Ses öznitelik çıkarımına dayalı video bölütlenmesi.

Neriman Atar

Ses öznitelik çıkarımına dayalı video bölütlenmesi.

Tezin Türü: Yüksek Lisans

Tezin Yürütüldüğü Kurum: Orta Doğu Teknik Üniversitesi, Mühendislik Fakültesi, Elektrik ve Elektronik Mühendisliği Bölümü, Türkiye

Tezin Onay Tarihi: 2009

Tezin Dili: İngilizce

Öğrenci: Neriman Atar

Danışman: GÖZDE AKAR

Açık Arşiv Koleksiyonu: AVESİS Açık Erişim Koleksiyonu

Özet:

In this study, an automatic video segmentation and classification system based on audio features has been presented.
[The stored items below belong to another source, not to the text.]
-- ===== src/Node/Storage/Laws.antt =====
-- node-api/src/storage.rs: how the keys of values, maps and double maps hang together.
use Prim.Native.String.{String}
use substrate_api_client.Prelude.{
  ◌≡◌, refl, sym, ◌∙◌, ap, ◌⊎◌, inl, inr, List, ◌++◌, Bytes, length, drop, drop-append, ok, err,
  >>=-eq-ok, ok_or, get_elem?, arith,
}
use substrate_api_client.Decoder.Registry.{TypeId}
use substrate_api_client.Node.Runtime.{
  StorageEntry, StorageHasher, StorageEntryType, plain, map, blake2_128, blake2_256,
  blake2_128_concat, twox128, twox256, twox64_concat, identity,
}
use substrate_api_client.Node.Metadata.Types.{Metadata, storage_type_error}
use substrate_api_client.Node.Storage.Keys.{
  Hashes, StorageMap, StorageValue, key_hash, map_key, get_map, get_map_prefix, get_double_map,
  get_value, storage_entry, storage_value_key, storage_map_key, storage_map_key_prefix,
  storage_double_map_key,
}

module _ {A : Type 0} where
  -- Two lists with prefixes of equal length agree behind them.
  append_cancel : (p q xs ys : List A) → length p ≡ length q → p ++ xs ≡ q ++ ys → xs ≡ ys
  append_cancel p q xs ys l e =
      sym (drop-append p xs) ∙ ap (drop (length p)) e ∙ rw l (drop-append q ys)

  append_cancel_prefix : (p xs ys : List A) → p ++ xs ≡ p ++ ys → xs ≡ ys
  append_cancel_prefix p xs ys e = append_cancel p p xs ys refl e

pub StorageEntryType-cases :
    (t : StorageEntryType)
    → ((id : TypeId) × (t ≡ plain id))
      ⊎ ((hs : List StorageHasher) × (k : TypeId) × (v : TypeId) × (t ≡ map hs k v))
StorageEntryType-cases (plain id) = inl (id, refl)
StorageEntryType-cases (map hs k v) = inr (hs, k, v, refl)

-- The hashers that keep the key they hash at the end.
abbrev pub IsTransparent : StorageHasher → Type 0
IsTransparent identity = Unit
IsTransparent blake2_128_concat = Unit
IsTransparent twox64_concat = Unit
IsTransparent _ = ⊥

-- A hash has a fixed number of bytes, whatever is hashed.
pub record HasFixedLength (h : Hashes) : Type 0 where
  pub blake2_128_length : (k : Bytes) → length (h.blake2_128 k) ≡ 16
  pub twox_64_length : (k : Bytes) → length (h.twox_64 k) ≡ 8

module _ (h : Hashes) where
  key_hash-inj :
      HasFixedLength h
      → (s : StorageHasher) → IsTransparent s
      → (j k : Bytes) → key_hash h j s ≡ key_hash h k s
      → j ≡ k
  unfolding key_hash
  key_hash-inj f identity t j k e = e
  key_hash-inj f blake2_128_concat t j k e =
      append_cancel _ _ j k (f.blake2_128_length j ∙ sym (f.blake2_128_length k)) e
  key_hash-inj f twox64_concat t j k e =
      append_cancel _ _ j k (f.twox_64_length j ∙ sym (f.twox_64_length k)) e
  key_hash-inj f blake2_128 t j k e = absurd t
  key_hash-inj f blake2_256 t j k e = absurd t
  key_hash-inj f twox128 t j k e = absurd t
  key_hash-inj f twox256 t j k e = absurd t

  -- When the hashes have fixed lengths and the map's hasher keeps its key, two encoded keys with
  -- the same storage key are the same.
  pub map_key-inj :
      HasFixedLength h
      → (m : StorageMap) → IsTransparent m.hasher
      → (j k : Bytes) → map_key h m j ≡ map_key h m k
      → j ≡ k
  unfolding map_key
  map_key-inj f m t j k e =
      key_hash-inj f m.hasher t j k
        (append_cancel_prefix (h.twox_128 m.module_prefix ++ h.twox_128 m.storage_prefix) _ _ e)

  module _ (e : StorageEntry) (pallet : String) where
    -- A successful `get_map` was on a map, and the other lookups of maps agree with it.
    get_map-eq-ok :
        (v : StorageMap)
        → get_map h e pallet ≡ ok v
        → get_map_prefix h e pallet ≡ ok (h.twox_128 v.module_prefix ++ h.twox_128 v.storage_prefix)
    unfolding get_map get_map_prefix
    get_map-eq-ok v b = elim (StorageEntryType-cases e.ty) [
      | inl (t, q) ↦ let x = rw (q, get_map) at b in cc
      | inr (hs, k, t, q) ↦
          let (s, a, c) =
            >>=-eq-ok (ok_or storage_type_error (get_elem? hs 0)) _ (rw (q, get_map) at b) in
          let f : h.as_bytes pallet ≡ v.module_prefix = ground (arith, c) in
          let g : h.as_bytes e.name ≡ v.storage_prefix = ground (arith, c) in rw (q, f, g)
    ]

    get_value-eq-ok :
        (v : StorageValue)
        → get_value h e pallet ≡ ok v
        → (get_map h e pallet ≡ err storage_type_error)
          × (get_map_prefix h e pallet ≡ err storage_type_error)
          × (get_double_map h e pallet ≡ err storage_type_error)
    unfolding get_value get_map get_map_prefix get_double_map
    get_value-eq-ok v b = elim (StorageEntryType-cases e.ty) [
      | inl (t, q) ↦ (rw q, rw q, rw q)
      | inr (hs, k, t, q) ↦ let x = rw (q, get_value) at b in cc
    ]

  module _ (m : Metadata) (pallet entry : String) where
    -- Where the key of a map's entry is given, it is the map's prefix with the hash of the encoded
    -- key behind it, by some hasher.
    pub storage_map_key-prefix :
        (key k : Bytes)
        → storage_map_key h m pallet entry key ≡ ok k
        → (p : Bytes) × (s : StorageHasher) × (storage_map_key_prefix h m pallet entry ≡ ok p)
          × (k ≡ p ++ key_hash h key s)
    unfolding storage_map_key storage_map_key_prefix map_key
    storage_map_key-prefix key k e =
        let (s, a, f) = >>=-eq-ok (storage_entry h m pallet entry) _ e in
        let (v, b, g) = >>=-eq-ok (get_map h s pallet) _ f in
        let g₂ : map_key h v key ≡ k = ground (arith, g) in
        (_, v.hasher, rw a (get_map-eq-ok s pallet v b), sym g₂)

    -- Where an entry has a key as a value, it has none as a map or a double map: all three
    -- lookups of maps return the error for a wrong storage type.
    pub storage_value_key-excludes :
        (first second k : Bytes)
        → storage_value_key h m pallet entry ≡ ok k
        → (storage_map_key h m pallet entry first ≡ err storage_type_error)
          × (storage_map_key_prefix h m pallet entry ≡ err storage_type_error)
          × (storage_double_map_key h m pallet entry first second ≡ err storage_type_error)
    unfolding storage_value_key storage_map_key storage_map_key_prefix storage_double_map_key
    storage_value_key-excludes first second k e =
        let (s, a, f) = >>=-eq-ok (storage_entry h m pallet entry) _ e in
        let (v, b, g) = >>=-eq-ok (get_value h s pallet) _ f in
        let (x, y, z) = get_value-eq-ok s pallet v b in (rw a (rw x), rw a (rw y), rw a (rw z))
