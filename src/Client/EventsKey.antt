-- ===== src/Client/EventsKey.antt =====
-- src/src/utils.rs against node-api/src/metadata.rs: the key made of two names alone is the key that
-- the metadata gives for them.
use substrate_api_client.Prelude.{
  ◌≡◌, refl, sym, ◌∙◌, ap, ◌⊎◌, inl, inr, String, Bytes, ok, >>=-open, ok-inj, ok_or-eq-ok,
}
use substrate_api_client.Node.Runtime.{StorageEntry, RuntimeMetadataV14, v14, meta_reserved}
use substrate_api_client.Node.Metadata.Types.{
  Metadata, find_pallet, find_storage, pallet_not_found, storage_not_found,
}
use substrate_api_client.Node.Metadata.Collect.{try_from}
use substrate_api_client.Node.Metadata.Names.{try_from-IsNamed}
use substrate_api_client.Node.Storage.Keys.{
  Hashes, StorageValue, storage_entry, get_value, get_map_prefix, value_key, storage_value_key,
  storage_map_key_prefix,
}
use substrate_api_client.Node.Storage.Laws.{StorageEntryType-cases}
use substrate_api_client.Client.System.{storage_key}

module _ (h : Hashes) (e : StorageEntry) (pallet : String) where
  get_value-key :
      (v : StorageValue) → get_value h e pallet ≡ ok v → storage_key h pallet e.name ≡ value_key h v
  unfolding get_value value_key storage_key
  get_value-key v b = elim (StorageEntryType-cases e.ty) [
    | inl (t, q) ↦ rw (← ok-inj (rw (q, get_value) at b)) refl
    | inr (hs, k, t, q) ↦ let x = rw (q, get_value) at b in cc
  ]

  get_map_prefix-key :
      (k : Bytes) → get_map_prefix h e pallet ≡ ok k → storage_key h pallet e.name ≡ k
  unfolding get_map_prefix storage_key
  get_map_prefix-key k b = elim (StorageEntryType-cases e.ty) [
    | inl (t, q) ↦ let x = rw (q, get_map_prefix) at b in cc
    | inr (hs, l, t, q) ↦ ok-inj (rw (q, get_map_prefix) at b)
  ]

module _ (h : Hashes) (r : RuntimeMetadataV14) (m : Metadata)
    (collected : try_from (meta_reserved, v14 r) ≡ ok m) (pallet entry : String) where
  entry_name : (e : StorageEntry) → storage_entry h m pallet entry ≡ ok e → e.name ≡ entry
  unfolding storage_entry find_pallet find_storage
  entry_name e q = >>=-open (find_pallet m pallet) _ q (λ p a b.
      (try_from-IsNamed r m collected pallet p (ok_or-eq-ok (pallet_not_found pallet) _ a)).1 entry
        e (ok_or-eq-ok (storage_not_found entry) _ b))

  -- When the metadata of a node was accepted by `try_from`, then wherever an entry has a key as a
  -- value, or a prefix as a map, it is the key that `utils::storage_key` makes of the pallet's
  -- and the entry's names.
  pub storage_key-try_from :
      (k : Bytes)
      → (storage_value_key h m pallet entry ≡ ok k)
        ⊎ (storage_map_key_prefix h m pallet entry ≡ ok k)
      → storage_key h pallet entry ≡ k
  unfolding storage_value_key storage_map_key_prefix storage_key value_key
  storage_key-try_from k (inl q) = >>=-open (storage_entry h m pallet entry) _ q (λ e a b.
      >>=-open (get_value h e pallet) _ b (λ v c d.
        ap (λ n. storage_key h pallet n) (sym (entry_name e a))
        ∙ get_value-key h e pallet v c
        ∙ ok-inj d))
  storage_key-try_from k (inr q) = >>=-open (storage_entry h m pallet entry) _ q (λ e a b.
      ap (λ n. storage_key h pallet n) (sym (entry_name e a)) ∙ get_map_prefix-key h e pallet k b)
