-- ===== src/Client/Extrinsics.antt =====
-- src/src/extrinsic: the calls of single pallets, each composed by `compose_extrinsic!`.
pub mod Common
pub mod Balances
pub mod Staking
pub mod Utility
pub mod Contracts
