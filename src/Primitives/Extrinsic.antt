-- ===== src/Primitives/Extrinsic.antt =====
-- primitives/src/extrinsics.rs: the encoding of `UncheckedExtrinsicV4`. Addresses, signatures,
-- extras and calls have their own codecs, which are parameters.
use substrate_api_client.Prelude.{
  ℕ, zero, suc, ◌+◌, ◌-◌, ◌%◌, ◌≡◌, ◌≢◌, refl, Bool, true, false, not, Option, none, some, List, [],
  ◌∷◌, ◌++◌, append_assoc,
}
use substrate_api_client.Prelude.{
  Bytes, length, drop, ok, err, ◌>>=◌, if◌then◌else◌, leb, ◌==◌, arith,
}
use substrate_api_client.Codec.{Codec, Decoder, Inverts, IsLawful, IsUint, w32}

-- A type with its `Encode` and `Decode`.
pub record Coded (A : Type 0) : Type 0 where
  pub encode : A → Bytes
  pub decode : Decoder A

-- What the value's encoding decodes to is the value.
abbrev pub InvertsAt : {A : Type 0} → Coded A → A → Type 0
InvertsAt k a = Inverts k.decode a (k.encode a)

-- The signature is an address, a signature and the signed extra.
pub record UncheckedExtrinsicV4 (Address Signature Extra Call : Type 0) : Type 0 where
  pub signature : Option (Address × Signature × Extra)
  pub function : Call

abbrev pub zeros : ℕ → Bytes
zeros zero = []
zeros (suc n) = 0 ∷ zeros n

-- The bytes reserved for the length, by the size of the type in memory.
unfoldable pub reserved : ℕ → ℕ
reserved size = if leb size 63 then 1 else if leb size 16383 then 2 else 4

module _ {Address Signature Extra Call : Type 0} where
  unfoldable pub new_signed :
      Call → Address → Signature → Extra → UncheckedExtrinsicV4 Address Signature Extra Call
  new_signed function signed signature extra = record {
    signature = some (signed, signature, extra);
    function = function;
  }

module _ (c : Codec) where
  -- The encoder's bytes behind the reserved ones, which the encoded length of `Vec<()>` replaces.
  unfoldable pub encode_with_vec_prefix : ℕ → Bytes → Bytes
  unfolding reserved
  encode_with_vec_prefix size encoded =
      let reserve = reserved size in
      let v = zeros reserve ++ encoded in
      c.encode_compact w32 (length v - reserve) ++ drop reserve v

  -- Reserving makes no difference to the result.
  encode_with_vec_prefix_lem :
      (size : ℕ) (encoded : Bytes)
      → encode_with_vec_prefix size encoded ≡ c.encode_compact w32 (length encoded) ++ encoded
  unfolding encode_with_vec_prefix
  encode_with_vec_prefix_lem size encoded = go (reserved size)
    where
      length_zeros : (n : ℕ) → length (zeros n ++ encoded) ≡ n + length encoded
      length_zeros zero = omega arith
      length_zeros (suc n) = omega (arith, length_zeros n)

      drop_zeros : (n : ℕ) → drop n (zeros n ++ encoded) ≡ encoded
      drop_zeros zero = refl
      drop_zeros (suc n) = drop_zeros n

      go :
          (n : ℕ)
          → c.encode_compact w32 (length (zeros n ++ encoded) - n) ++ drop n (zeros n ++ encoded)
            ≡ c.encode_compact w32 (length encoded) ++ encoded
      go n =
          let e : length (zeros n ++ encoded) - n ≡ length encoded =
            omega (arith, length_zeros n) in
          rw (e, drop_zeros n)

module _ (c : Codec) {Address Signature Extra Call : Type 0} (address : Coded Address)
    (sig : Coded Signature) (extra : Coded Extra) (call : Coded Call) (size : ℕ) where
  abbrev pub Extrinsic : Type 0
  Extrinsic = UncheckedExtrinsicV4 Address Signature Extra Call

  unfoldable pub body : Extrinsic → Bytes
  body x = elim x.signature [
    | some s ↦
        (132 ∷ (address.encode s.0 ++ (sig.encode s.1 ++ extra.encode s.2)))
        ++ call.encode x.function
    | none ↦ 4 ∷ call.encode x.function
  ]

  unfoldable pub encode : Extrinsic → Bytes
  unfolding encode_with_vec_prefix body
  encode x = encode_with_vec_prefix c size (body x)

  -- As text, by character; `encode_hex` is `hex::encode`.
  unfoldable pub hex_encode : (Bytes → List ℕ) → Extrinsic → List ℕ
  unfolding encode
  hex_encode encode_hex x = 48 ∷ 120 ∷ encode_hex (encode x)

  unfoldable pub decode_signature : Decoder (Address × Signature × Extra)
  decode_signature input = do
    (a, input₁) ← address.decode input
    (s, input₂) ← sig.decode input₁
    (e, input₃) ← extra.decode input₂
    ok ((a, s, e), input₃)

  unfoldable pub decode_rest : Bool → Decoder Extrinsic
  unfolding decode_signature
  decode_rest true input = do
    (s, input₁) ← decode_signature input
    (f, input₂) ← call.decode input₁
    ok (record { signature = some s; function = f }, input₂)
  decode_rest false input = do
    (f, input₁) ← call.decode input
    ok (record { signature = none; function = f }, input₁)

  -- The length in front is read and not used; `version & 0x80` and `version & 0x7f` of a byte.
  unfoldable pub read_version : Decoder Extrinsic
  unfolding decode_rest
  read_version [] = err "Not enough data to fill buffer"
  read_version (version ∷ input) =
      if not (version % 128 == 4)
      then err "Invalid transaction version"
      else decode_rest (leb 128 version) input

  unfoldable pub decode : Decoder Extrinsic
  unfolding read_version
  decode input = c.decode_compact w32 input >>= λ p. read_version p.1

  abbrev pub InvertsSignature : Option (Address × Signature × Extra) → Type 0
  InvertsSignature none = Unit
  InvertsSignature (some (a, s, e)) = InvertsAt address a × InvertsAt sig s × InvertsAt extra e

  -- The parts' encodings decode to the parts.
  abbrev pub InvertsParts : Extrinsic → Type 0
  InvertsParts x = InvertsSignature x.signature × InvertsAt call x.function

  module _ (l : IsLawful c) where
    read_version-body : (x : Extrinsic) → InvertsParts x → Inverts read_version x (body x)
    unfolding read_version body decode_rest decode_signature
    read_version-body x (i, ic) rest = go x.signature i
      where
        go :
            (s : Option (Address × Signature × Extra))
            → InvertsSignature s
            → read_version (body (record { signature = s; function = x.function }) ++ rest)
              ≡ ok (record { signature = s; function = x.function }, rest)
        go none i = rw (ic rest)
        go (some (a, s, e)) (ia, is, ie) =
            let flat =
              append_assoc (address.encode a ++ (sig.encode s ++ extra.encode e))
                (call.encode x.function) rest in
            let flat₂ =
              append_assoc (address.encode a) (sig.encode s ++ extra.encode e)
                (call.encode x.function ++ rest) in
            let flat₃ =
              append_assoc (sig.encode s) (extra.encode e) (call.encode x.function ++ rest) in
            rw (flat, flat₂, flat₃)
              (rw (ia (sig.encode s ++ (extra.encode e ++ (call.encode x.function ++ rest)))) (
                rw (is (extra.encode e ++ (call.encode x.function ++ rest)))
                  (rw (ie (call.encode x.function ++ rest)) (rw (ic rest)))))

    -- When the encodings of an extrinsic's parts decode to the parts and the encoded extrinsic is
    -- shorter than 2 ^ 32 bytes, decoding it with any bytes behind it returns the extrinsic and
    -- those bytes.
    pub decode-encode :
        (x : Extrinsic)
        → InvertsParts x
        → IsUint w32 (length (body x))
        → Inverts decode x (encode x)
    unfolding decode encode
    decode-encode x i h rest =
        rw
          (
            encode_with_vec_prefix_lem c size (body x),
            append_assoc (c.encode_compact w32 (length (body x))) (body x) rest,
          )
          (rw (l.compact w32 (length (body x)) h (body x ++ rest)) (read_version-body x i rest))

  -- An extrinsic of another version is refused, whatever follows the version byte.
  pub decode-other_version :
      IsLawful c
      → (n version : ℕ) (input : Bytes) → IsUint w32 n
      → version % 128 ≢ 4
      → decode (c.encode_compact w32 n ++ (version ∷ input)) ≡ err "Invalid transaction version"
  unfolding decode read_version
  decode-other_version l n version input h ne =
      let f : (version % 128 == 4) ≡ false = ground arith in
      rw (l.compact w32 n h (version ∷ input)) (rw f)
Video sequences are classified such as videos with “speech”, “music”, “crowd” and “silence”. The segments that do not belong to these regions are left as “unclassified”. For the silence segment detection, a simple threshold comparison method has been done on the short time energy feature of the embedded audio sequence. For the “speech”, “music” and “crowd” segment detection a multiclass classification scheme has been applied. For this purpose, three audio feature set have been formed, one of them is purely MPEG-7 audio features, other is the audio features that is used in [31] the last one is the combination of these two feature sets. For choosing the best feature a histogram comparison method has been used. Audio segmentation system was trained and tested with these feature sets. The evaluation results show that the Feature Set 3 that is the combination of other two feature sets gives better performance for the audio classification system. The output of the classification system is an XML file which contains MPEG-7 audio segment descriptors for the video sequence. An application scenario is given by combining the audio segmentation results with visual analysis results for getting audio-visual video segments.